=== Begin Enclosure ===
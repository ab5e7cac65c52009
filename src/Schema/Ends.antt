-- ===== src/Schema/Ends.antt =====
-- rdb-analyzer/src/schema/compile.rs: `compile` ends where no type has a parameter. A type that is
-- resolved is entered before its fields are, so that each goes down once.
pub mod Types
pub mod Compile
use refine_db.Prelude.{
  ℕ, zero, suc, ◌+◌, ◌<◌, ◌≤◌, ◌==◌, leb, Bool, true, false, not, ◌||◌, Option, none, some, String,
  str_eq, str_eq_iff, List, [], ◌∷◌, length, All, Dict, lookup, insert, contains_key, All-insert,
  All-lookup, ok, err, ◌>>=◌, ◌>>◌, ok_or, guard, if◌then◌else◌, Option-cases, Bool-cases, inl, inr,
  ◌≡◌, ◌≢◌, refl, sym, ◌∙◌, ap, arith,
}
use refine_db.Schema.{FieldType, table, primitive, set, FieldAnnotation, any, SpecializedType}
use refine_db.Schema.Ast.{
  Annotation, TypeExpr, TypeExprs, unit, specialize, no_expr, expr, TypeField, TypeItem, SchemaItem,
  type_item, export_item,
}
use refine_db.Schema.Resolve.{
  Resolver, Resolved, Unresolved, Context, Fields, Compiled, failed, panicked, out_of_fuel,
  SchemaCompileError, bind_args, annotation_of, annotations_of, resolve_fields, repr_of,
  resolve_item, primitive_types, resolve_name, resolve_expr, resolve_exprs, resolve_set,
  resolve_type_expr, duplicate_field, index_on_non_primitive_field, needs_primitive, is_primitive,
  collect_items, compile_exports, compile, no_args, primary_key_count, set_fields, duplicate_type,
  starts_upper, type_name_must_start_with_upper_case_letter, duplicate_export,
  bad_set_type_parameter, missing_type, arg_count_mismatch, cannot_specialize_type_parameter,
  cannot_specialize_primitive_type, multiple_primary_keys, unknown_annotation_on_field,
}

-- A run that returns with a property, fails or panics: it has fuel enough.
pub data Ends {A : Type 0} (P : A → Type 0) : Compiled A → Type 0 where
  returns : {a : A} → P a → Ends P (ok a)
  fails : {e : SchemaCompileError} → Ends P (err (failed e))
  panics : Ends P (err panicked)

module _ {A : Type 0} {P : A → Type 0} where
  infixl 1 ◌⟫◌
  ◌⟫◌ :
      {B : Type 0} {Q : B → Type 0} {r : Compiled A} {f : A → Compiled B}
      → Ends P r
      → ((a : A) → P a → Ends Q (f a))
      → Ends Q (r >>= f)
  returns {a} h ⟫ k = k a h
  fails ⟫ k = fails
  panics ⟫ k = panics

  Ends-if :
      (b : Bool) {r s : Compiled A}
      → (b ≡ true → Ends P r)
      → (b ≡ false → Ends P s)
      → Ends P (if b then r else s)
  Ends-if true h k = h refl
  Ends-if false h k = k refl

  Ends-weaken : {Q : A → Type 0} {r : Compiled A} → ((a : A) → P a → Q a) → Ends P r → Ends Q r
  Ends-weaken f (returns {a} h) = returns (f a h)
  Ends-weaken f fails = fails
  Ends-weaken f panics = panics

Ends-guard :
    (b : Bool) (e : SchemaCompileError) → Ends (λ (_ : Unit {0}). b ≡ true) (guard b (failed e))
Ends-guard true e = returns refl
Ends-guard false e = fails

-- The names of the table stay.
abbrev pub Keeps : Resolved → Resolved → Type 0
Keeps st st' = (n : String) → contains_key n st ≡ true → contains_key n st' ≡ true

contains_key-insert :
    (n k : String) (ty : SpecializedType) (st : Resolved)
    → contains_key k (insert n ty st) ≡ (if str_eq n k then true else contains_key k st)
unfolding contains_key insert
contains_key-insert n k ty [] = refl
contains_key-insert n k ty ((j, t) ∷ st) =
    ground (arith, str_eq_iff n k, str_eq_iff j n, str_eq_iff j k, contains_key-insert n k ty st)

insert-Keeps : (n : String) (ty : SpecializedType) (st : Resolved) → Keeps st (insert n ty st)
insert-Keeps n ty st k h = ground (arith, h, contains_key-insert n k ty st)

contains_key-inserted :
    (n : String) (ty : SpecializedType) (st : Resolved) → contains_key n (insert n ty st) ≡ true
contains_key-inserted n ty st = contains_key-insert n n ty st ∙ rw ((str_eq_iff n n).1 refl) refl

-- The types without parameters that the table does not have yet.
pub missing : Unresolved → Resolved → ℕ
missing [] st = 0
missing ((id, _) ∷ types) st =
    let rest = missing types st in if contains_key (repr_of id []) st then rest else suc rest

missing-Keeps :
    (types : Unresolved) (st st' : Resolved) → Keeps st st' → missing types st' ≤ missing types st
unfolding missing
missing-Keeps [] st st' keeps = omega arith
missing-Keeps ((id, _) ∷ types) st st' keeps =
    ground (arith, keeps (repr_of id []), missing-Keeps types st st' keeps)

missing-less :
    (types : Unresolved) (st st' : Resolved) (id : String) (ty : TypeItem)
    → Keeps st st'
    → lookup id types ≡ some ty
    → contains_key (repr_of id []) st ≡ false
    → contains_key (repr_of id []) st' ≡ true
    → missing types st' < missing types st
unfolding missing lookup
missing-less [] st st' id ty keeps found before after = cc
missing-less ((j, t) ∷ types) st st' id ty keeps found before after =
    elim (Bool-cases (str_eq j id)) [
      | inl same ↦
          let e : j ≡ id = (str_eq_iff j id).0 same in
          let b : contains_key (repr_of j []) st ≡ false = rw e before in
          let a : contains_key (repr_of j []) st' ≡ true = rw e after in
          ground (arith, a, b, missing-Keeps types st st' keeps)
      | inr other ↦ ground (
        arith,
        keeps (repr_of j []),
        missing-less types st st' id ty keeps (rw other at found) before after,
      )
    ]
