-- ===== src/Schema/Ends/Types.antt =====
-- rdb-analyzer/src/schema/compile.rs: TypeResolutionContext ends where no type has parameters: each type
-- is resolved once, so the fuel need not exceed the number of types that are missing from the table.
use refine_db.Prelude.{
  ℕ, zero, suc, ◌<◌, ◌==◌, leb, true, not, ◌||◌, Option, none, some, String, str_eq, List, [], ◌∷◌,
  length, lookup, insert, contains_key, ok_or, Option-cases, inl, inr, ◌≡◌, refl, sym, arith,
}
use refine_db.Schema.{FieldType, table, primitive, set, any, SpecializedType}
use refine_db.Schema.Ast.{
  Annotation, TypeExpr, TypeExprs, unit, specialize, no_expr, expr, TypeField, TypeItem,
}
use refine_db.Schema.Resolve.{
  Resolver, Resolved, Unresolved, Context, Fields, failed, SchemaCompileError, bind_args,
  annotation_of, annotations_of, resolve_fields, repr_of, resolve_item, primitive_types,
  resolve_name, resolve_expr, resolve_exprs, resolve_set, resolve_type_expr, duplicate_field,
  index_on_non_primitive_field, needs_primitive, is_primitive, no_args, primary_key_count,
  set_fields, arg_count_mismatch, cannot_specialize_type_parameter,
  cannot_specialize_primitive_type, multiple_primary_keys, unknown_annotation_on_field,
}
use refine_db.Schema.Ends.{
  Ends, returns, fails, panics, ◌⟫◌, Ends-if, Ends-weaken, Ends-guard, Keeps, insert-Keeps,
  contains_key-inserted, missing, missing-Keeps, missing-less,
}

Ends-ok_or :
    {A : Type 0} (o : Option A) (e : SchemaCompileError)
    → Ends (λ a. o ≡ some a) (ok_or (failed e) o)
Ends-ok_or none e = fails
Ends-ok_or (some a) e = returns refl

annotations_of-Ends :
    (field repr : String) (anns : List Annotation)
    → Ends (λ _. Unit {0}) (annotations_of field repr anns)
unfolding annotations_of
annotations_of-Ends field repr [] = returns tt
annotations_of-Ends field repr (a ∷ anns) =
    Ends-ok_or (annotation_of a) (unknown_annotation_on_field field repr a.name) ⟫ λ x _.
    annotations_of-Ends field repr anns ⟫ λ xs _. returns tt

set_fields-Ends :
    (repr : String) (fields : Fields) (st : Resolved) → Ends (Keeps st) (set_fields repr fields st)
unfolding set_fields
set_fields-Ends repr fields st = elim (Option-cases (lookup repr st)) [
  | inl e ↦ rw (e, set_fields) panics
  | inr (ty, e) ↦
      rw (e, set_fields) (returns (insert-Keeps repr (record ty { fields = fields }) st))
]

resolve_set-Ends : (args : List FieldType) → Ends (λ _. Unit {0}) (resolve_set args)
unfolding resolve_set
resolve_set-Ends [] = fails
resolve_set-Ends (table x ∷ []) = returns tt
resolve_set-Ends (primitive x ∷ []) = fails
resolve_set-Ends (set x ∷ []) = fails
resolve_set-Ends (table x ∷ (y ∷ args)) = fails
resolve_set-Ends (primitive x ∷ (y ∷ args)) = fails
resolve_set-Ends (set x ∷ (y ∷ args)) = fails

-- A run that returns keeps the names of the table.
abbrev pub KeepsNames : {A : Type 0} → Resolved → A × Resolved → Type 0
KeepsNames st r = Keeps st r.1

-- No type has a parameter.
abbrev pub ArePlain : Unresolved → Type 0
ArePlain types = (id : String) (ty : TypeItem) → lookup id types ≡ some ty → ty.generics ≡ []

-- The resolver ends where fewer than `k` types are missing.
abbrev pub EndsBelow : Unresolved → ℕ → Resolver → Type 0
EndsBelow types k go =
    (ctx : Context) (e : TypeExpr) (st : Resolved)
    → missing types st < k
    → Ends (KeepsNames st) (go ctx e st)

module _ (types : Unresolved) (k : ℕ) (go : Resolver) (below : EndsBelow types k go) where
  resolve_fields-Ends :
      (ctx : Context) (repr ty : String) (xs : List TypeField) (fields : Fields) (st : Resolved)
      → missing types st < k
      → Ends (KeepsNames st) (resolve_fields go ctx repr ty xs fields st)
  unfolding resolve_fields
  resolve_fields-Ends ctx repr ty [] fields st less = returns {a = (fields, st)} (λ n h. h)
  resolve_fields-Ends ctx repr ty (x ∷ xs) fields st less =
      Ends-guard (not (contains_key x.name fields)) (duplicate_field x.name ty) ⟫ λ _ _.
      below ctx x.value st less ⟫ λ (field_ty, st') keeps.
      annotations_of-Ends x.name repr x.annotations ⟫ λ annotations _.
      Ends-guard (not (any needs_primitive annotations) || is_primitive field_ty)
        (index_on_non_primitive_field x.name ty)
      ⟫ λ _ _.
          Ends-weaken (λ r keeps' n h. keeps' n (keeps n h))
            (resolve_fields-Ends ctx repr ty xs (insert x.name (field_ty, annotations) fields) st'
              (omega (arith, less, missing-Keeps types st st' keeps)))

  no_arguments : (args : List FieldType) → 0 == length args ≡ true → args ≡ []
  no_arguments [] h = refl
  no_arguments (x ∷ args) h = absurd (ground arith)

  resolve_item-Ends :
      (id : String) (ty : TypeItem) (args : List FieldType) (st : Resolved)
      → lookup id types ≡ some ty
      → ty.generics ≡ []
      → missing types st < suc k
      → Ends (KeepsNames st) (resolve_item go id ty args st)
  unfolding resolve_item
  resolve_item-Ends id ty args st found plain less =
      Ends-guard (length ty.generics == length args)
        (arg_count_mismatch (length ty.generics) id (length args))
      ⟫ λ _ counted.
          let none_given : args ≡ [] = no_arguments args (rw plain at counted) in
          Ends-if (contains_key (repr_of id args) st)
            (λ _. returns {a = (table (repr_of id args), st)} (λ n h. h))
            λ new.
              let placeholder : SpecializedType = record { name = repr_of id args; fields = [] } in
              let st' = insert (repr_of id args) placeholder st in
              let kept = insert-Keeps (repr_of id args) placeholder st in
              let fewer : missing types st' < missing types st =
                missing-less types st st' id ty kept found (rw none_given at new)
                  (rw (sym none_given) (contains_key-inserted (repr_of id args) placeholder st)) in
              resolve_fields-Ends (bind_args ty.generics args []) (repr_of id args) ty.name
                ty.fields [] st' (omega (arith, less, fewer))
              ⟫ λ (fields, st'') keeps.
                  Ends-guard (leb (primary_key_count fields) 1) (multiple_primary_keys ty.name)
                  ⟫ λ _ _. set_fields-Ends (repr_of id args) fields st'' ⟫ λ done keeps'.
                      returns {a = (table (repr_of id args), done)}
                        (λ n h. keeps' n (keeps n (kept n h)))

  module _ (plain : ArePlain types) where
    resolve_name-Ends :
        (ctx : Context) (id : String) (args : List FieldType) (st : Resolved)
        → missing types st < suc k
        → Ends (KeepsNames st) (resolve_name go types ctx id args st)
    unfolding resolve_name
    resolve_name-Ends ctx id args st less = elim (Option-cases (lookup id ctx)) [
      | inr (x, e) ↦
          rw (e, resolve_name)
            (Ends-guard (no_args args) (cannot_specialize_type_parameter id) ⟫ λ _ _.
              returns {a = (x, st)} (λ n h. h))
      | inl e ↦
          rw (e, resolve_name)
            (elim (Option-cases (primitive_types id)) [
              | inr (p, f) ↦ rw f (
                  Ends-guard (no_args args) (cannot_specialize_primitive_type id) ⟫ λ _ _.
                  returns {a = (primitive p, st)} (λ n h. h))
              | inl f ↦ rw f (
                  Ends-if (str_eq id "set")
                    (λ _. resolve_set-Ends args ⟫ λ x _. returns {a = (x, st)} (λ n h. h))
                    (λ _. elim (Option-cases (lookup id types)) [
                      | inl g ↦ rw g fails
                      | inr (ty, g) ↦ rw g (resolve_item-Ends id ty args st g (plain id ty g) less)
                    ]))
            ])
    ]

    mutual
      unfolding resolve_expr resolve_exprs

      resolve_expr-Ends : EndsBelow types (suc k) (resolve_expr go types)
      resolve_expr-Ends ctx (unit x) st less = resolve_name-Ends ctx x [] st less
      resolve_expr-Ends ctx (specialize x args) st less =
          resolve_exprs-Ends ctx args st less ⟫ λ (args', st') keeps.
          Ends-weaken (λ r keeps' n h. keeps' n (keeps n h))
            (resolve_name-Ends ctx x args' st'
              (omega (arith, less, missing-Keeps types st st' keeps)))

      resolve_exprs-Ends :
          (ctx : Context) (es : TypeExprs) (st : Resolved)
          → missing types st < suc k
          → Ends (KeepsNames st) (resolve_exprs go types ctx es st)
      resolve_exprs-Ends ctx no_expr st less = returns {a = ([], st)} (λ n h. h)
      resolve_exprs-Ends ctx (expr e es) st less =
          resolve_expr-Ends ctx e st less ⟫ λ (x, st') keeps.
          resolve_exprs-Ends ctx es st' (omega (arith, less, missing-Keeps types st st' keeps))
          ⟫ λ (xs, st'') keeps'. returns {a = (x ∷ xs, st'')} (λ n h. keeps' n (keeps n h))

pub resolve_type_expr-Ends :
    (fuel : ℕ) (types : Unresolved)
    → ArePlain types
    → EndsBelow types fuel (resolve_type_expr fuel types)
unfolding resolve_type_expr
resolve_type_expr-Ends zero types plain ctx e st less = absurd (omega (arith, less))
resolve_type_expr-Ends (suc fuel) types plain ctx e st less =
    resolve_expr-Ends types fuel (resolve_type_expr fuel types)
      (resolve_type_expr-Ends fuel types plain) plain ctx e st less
=== End Enclosure ===
**WHAT THE TASK ASKS**
Reproducing the whole listing above is not the task. Copy exactly only the lines from the one with "EndsBelow types fuel (resolve_type_expr fuel types)" to the one with "resolve_expr-Ends types fuel", both kept.

**ANSWER SECTION**
    → EndsBelow types fuel (resolve_type_expr fuel types)
unfolding resolve_type_expr
resolve_type_expr-Ends zero types plain ctx e st less = absurd (omega (arith, less))
resolve_type_expr-Ends (suc fuel) types plain ctx e st less =
    resolve_expr-Ends types fuel (resolve_type_expr fuel types)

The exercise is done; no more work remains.